▸ **Saved entries**:
*-*-*

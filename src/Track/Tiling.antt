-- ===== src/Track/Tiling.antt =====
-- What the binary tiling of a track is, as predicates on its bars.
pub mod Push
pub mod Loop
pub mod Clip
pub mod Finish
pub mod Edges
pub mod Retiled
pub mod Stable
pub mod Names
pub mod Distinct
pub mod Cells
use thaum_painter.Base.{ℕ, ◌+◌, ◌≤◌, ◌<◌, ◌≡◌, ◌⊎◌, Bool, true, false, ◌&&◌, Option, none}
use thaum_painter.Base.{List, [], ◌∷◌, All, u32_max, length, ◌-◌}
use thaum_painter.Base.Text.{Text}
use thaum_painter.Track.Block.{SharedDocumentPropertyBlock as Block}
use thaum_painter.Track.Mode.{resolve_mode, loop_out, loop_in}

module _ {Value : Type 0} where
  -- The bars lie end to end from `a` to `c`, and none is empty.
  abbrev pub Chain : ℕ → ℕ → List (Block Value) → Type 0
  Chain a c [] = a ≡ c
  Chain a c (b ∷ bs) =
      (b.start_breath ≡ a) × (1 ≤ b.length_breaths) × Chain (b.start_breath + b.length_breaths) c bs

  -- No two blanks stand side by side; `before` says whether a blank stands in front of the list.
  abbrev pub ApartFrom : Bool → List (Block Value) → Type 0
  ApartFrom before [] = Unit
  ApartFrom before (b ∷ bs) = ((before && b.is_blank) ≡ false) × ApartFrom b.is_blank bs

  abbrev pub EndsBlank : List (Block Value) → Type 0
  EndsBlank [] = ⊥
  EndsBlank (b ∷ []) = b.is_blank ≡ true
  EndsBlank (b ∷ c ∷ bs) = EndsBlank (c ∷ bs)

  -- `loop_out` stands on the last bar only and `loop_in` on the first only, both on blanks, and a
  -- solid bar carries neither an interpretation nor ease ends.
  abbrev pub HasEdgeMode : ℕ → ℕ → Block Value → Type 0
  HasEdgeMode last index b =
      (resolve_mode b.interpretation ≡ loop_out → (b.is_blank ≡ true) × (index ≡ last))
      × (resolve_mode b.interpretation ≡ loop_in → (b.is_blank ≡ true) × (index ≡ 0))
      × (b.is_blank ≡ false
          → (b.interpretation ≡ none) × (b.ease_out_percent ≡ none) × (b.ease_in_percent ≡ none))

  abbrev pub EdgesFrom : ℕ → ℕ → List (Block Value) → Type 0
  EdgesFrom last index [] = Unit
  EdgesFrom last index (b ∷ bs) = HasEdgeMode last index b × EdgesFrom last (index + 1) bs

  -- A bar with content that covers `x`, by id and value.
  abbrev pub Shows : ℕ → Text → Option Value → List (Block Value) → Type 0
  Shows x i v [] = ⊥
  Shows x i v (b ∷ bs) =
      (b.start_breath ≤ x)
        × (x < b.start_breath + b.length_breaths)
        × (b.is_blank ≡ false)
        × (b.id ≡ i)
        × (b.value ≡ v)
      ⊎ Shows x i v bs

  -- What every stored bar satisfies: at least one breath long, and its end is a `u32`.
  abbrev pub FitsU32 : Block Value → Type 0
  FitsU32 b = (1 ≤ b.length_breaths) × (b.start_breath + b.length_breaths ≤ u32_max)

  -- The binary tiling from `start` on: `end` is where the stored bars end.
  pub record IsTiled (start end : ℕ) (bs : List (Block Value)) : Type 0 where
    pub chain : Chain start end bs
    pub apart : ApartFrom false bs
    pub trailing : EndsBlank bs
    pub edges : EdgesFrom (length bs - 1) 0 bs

*-*-*

▸ **Task description**:
Filter the records for the word "false" and show every line that has it.

▸ **Result below**:
use thaum_painter.Base.{ℕ, ◌+◌, ◌≤◌, ◌<◌, ◌≡◌, ◌⊎◌, Bool, true, false, ◌&&◌, Option, none}
  ApartFrom before (b ∷ bs) = ((before && b.is_blank) ≡ false) × ApartFrom b.is_blank bs
      × (b.is_blank ≡ false
        × (b.is_blank ≡ false)
    pub apart : ApartFrom false bs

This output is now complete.